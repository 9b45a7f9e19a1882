-- ===== src/TreeBin/Unlink.antt =====
-- What taking chunks out of a trie leaves of it (`unlink_large_chunk` of src/dlmalloc.c).
pub mod Replace
pub mod Leaf
pub mod Child
pub mod Detach
pub mod Ring
pub mod Circle
pub mod Move
pub mod Adopt
pub mod Steps
pub mod Node
pub mod Tree
pub mod Head
pub mod Inner
pub mod Any
pub mod Whole
use dlmalloc_rs.Prelude.{
  ℕ, zero, suc, ◌+◌, ◌%◌, ◌≡◌, ◌≢◌, refl, subst, sym, List, ◌∷◌, arith, All, Fresh,
}
use dlmalloc_rs.TreeBin.Trie.{Trie, leaf, node, Each, IsTrie, span}
use dlmalloc_rs.TreeBin.Insert.Down.{span_aligned}
use dlmalloc_rs.TreeBin.Separate.{
  EveryChunk, Avoids, IsSeparate, EveryChunk-mono, All-map, All-both, All-swap, Avoids-swap,
}

-- The chunks `xs` of the trie `u` are not in `v`, which has the others.
pub record Without (xs : List ℕ) (u v : Trie) : Type 1 where
  pub member : (P : ℕ → Type 0) → EveryChunk P u → All P xs
  pub every : (P : ℕ → Type 0) → EveryChunk P u → EveryChunk P v
  pub back : (P : ℕ → Type 0) → All P xs → EveryChunk P v → EveryChunk P u
  pub sizes : (P : ℕ → Type 0) → Each (λ a n. P n) u → Each (λ a n. P n) v
  pub separate : IsSeparate u → IsSeparate v × All (λ y. Avoids y v) xs
  pub ordered : (w lo : ℕ) → lo % 16 ≡ 0 → IsTrie w lo u → IsTrie w lo v

-- The place of a trie as a proper subtree of another one.
pub data Below (u : Trie) : Trie → Type 0 where
  at_left : {a n : ℕ} {ring : List ℕ} {r : Trie} → Below u (node a n ring u r)
  at_right : {a n : ℕ} {ring : List ℕ} {l : Trie} → Below u (node a n ring l u)
  in_left : {a n : ℕ} {ring : List ℕ} {l r : Trie} → Below u l → Below u (node a n ring l r)
  in_right : {a n : ℕ} {ring : List ℕ} {l r : Trie} → Below u r → Below u (node a n ring l r)

-- Another trie at this place.
abbrev pub replace : {u t : Trie} → Below u t → Trie → Trie
replace (at_left {a} {n} {ring} {r}) v = node a n ring v r
replace (at_right {a} {n} {ring} {l}) v = node a n ring l v
replace (in_left {a} {n} {ring} {l} {r} b) v = node a n ring (replace b v) r
replace (in_right {a} {n} {ring} {l} {r} b) v = node a n ring l (replace b v)

no_chunk : (x : ℕ) (xs : List ℕ) (u v : Trie) → u ≡ leaf → Without (x ∷ xs) u v → ⊥
no_chunk x xs u v e w = (w.member (λ y. ⊥) (subst (EveryChunk (λ y. ⊥)) (sym e) tt)).0

-- Chunks of one subtree are in no other part of the trie.
outside :
    (a x : ℕ) (ring xs : List ℕ) (l l' r : Trie)
    → Without (x ∷ xs) l l'
    → Avoids a l
    → All (λ z. Avoids z l) ring
    → EveryChunk (λ z. Avoids z r) l
    → IsSeparate l
    → All (λ y. (y ≢ a) × Fresh y ring × Avoids y l' × Avoids y r) (x ∷ xs)
outside a x ring xs l l' r w off ring_off apart d =
    let heads = w.member (λ y. y ≢ a) (EveryChunk-mono _ _ l (λ y ne e. ne (sym e)) off) in
    let rings =
      w.member (λ y. Fresh y ring)
        (EveryChunk-mono _ _ l (λ y q. All-map _ _ ring (λ z ne e. ne (sym e)) q)
          (All-swap ◌≢◌ ring l ring_off)) in
    All-map _ _ (x ∷ xs) (λ y q. (q.0, q.1.0, q.1.1.0, q.1.1.1))
      (All-both _ _ (x ∷ xs) heads (
        All-both _ _ (x ∷ xs) rings
          (All-both _ _ (x ∷ xs) (w.separate d).1 (w.member (λ y. Avoids y r) apart))))

ordered_left :
    (a n x : ℕ) (ring xs : List ℕ) (l r l' : Trie)
    → Without (x ∷ xs) l l'
    → (w lo : ℕ) → lo % 16 ≡ 0
    → IsTrie w lo (node a n ring l r)
    → IsTrie w lo (node a n ring l' r)
ordered_left a n x ring xs l r l' w zero lo al h = absurd (no_chunk x xs l l' h.1 w)
ordered_left a n x ring xs l r l' w (suc k) lo al h =
    (h.0, h.1, h.2, w.ordered k lo al h.3, h.4, w.sizes (λ j. j ≢ n) h.5, h.6)

ordered_right :
    (a n x : ℕ) (ring xs : List ℕ) (l r r' : Trie)
    → Without (x ∷ xs) r r'
    → (w lo : ℕ) → lo % 16 ≡ 0
    → IsTrie w lo (node a n ring l r)
    → IsTrie w lo (node a n ring l r')
ordered_right a n x ring xs l r r' w zero lo al h = absurd (no_chunk x xs r r' h.2 w)
ordered_right a n x ring xs l r r' w (suc k) lo al h = (
  h.0,
  h.1,
  h.2,
  h.3,
  w.ordered k (lo + span k) (omega (arith, al, span_aligned k)) h.4,
  h.5,
  w.sizes (λ j. j ≢ n) h.6,
)

pub Without-left :
    (a n x : ℕ) (ring xs : List ℕ) (l r l' : Trie)
    → Without (x ∷ xs) l l'
    → Without (x ∷ xs) (node a n ring l r) (node a n ring l' r)
Without-left a n x ring xs l r l' w = record {
  member = λ P h. w.member P h.2;
  every = λ P h. (h.0, h.1, w.every P h.2, h.3);
  back = λ P f h. (h.0, h.1, w.back P f h.2, h.3);
  sizes = λ P h. (h.0, w.sizes P h.1, h.2);
  separate = λ d. (
    (
      d.0,
      (w.every _ d.1.0, d.1.1),
      All-map _ _ ring (λ y q. (w.every _ q.0, q.1)) d.2,
      w.every _ d.3,
      (w.separate d.4).0,
      d.5,
    ),
    outside a x ring xs l l' r w d.1.0 (All-map _ _ ring (λ y q. q.0) d.2) d.3 d.4,
  );
  ordered = ordered_left a n x ring xs l r l' w;
}

pub Without-right :
    (a n x : ℕ) (ring xs : List ℕ) (l r r' : Trie)
    → Without (x ∷ xs) r r'
    → Without (x ∷ xs) (node a n ring l r) (node a n ring l r')
Without-right a n x ring xs l r r' w = record {
  member = λ P h. w.member P h.3;
  every = λ P h. (h.0, h.1, h.2, w.every P h.3);
  back = λ P f h. (h.0, h.1, h.2, w.back P f h.3);
  sizes = λ P h. (h.0, h.1, w.sizes P h.2);
  separate = λ d. (
    (
      d.0,
      (d.1.0, w.every _ d.1.1),
      All-map _ _ ring (λ y q. (q.0, w.every _ q.1)) d.2,
      EveryChunk-mono _ _ l (λ y q. w.every _ q) d.3,
      d.4,
      (w.separate d.5).0,
    ),
    All-map _ _ (x ∷ xs) (λ y q. (q.0, q.1, q.3, q.2))
        (outside a x ring xs r r' l w d.1.1 (All-map _ _ ring (λ y q. q.1) d.2)
          (Avoids-swap l r d.3) d.5),
  );
  ordered = ordered_right a n x ring xs l r r' w;
}

pub Without-replace :
    (x : ℕ) (xs : List ℕ) (u v : Trie) {t : Trie} (b : Below u t)
    → Without (x ∷ xs) u v
    → Without (x ∷ xs) t (replace b v)
Without-replace x xs u v (at_left {a} {n} {ring} {r}) w = Without-left a n x ring xs u r v w
Without-replace x xs u v (at_right {a} {n} {ring} {l}) w = Without-right a n x ring xs l u v w
Without-replace x xs u v (in_left {a} {n} {ring} {l} {r} b) w =
    Without-left a n x ring xs l r (replace b v) (Without-replace x xs u v b w)
Without-replace x xs u v (in_right {a} {n} {ring} {l} {r} b) w =
    Without-right a n x ring xs l r (replace b v) (Without-replace x xs u v b w)

-- What holds of a trie's chunks and sizes holds in its subtree.
pub Below-EveryChunk :
    (P : ℕ → Type 0) (u : Trie) {t : Trie} → Below u t → EveryChunk P t → EveryChunk P u
Below-EveryChunk P u at_left h = h.2
Below-EveryChunk P u at_right h = h.3
Below-EveryChunk P u (in_left b) h = Below-EveryChunk P u b h.2
Below-EveryChunk P u (in_right b) h = Below-EveryChunk P u b h.3

pub Below-Each : (P : ℕ → ℕ → Type 0) (u : Trie) {t : Trie} → Below u t → Each P t → Each P u
Below-Each P u at_left h = h.1
Below-Each P u at_right h = h.2
Below-Each P u (in_left b) h = Below-Each P u b h.1
Below-Each P u (in_right b) h = Below-Each P u b h.2

pub Below-IsSeparate : (u : Trie) {t : Trie} → Below u t → IsSeparate t → IsSeparate u
Below-IsSeparate u at_left d = d.4
Below-IsSeparate u at_right d = d.5
Below-IsSeparate u (in_left b) d = Below-IsSeparate u b d.4
Below-IsSeparate u (in_right b) d = Below-IsSeparate u b d.5

pub replaced_node :
    {u : Trie} (a n : ℕ) (ring : List ℕ) (l r v : Trie) (b : Below u (node a n ring l r))
    → (l' r' : Trie) × (replace b v ≡ node a n ring l' r')
replaced_node a n ring l r v at_left = (v, r, refl)
replaced_node a n ring l r v at_right = (l, v, refl)
replaced_node a n ring l r v (in_left b) = (replace b v, r, refl)
replaced_node a n ring l r v (in_right b) = (l, replace b v, refl)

_Work to be completed_:
Count every line in the records that holds "mono" and give that count by itself.

_Reply to the exercise_:
4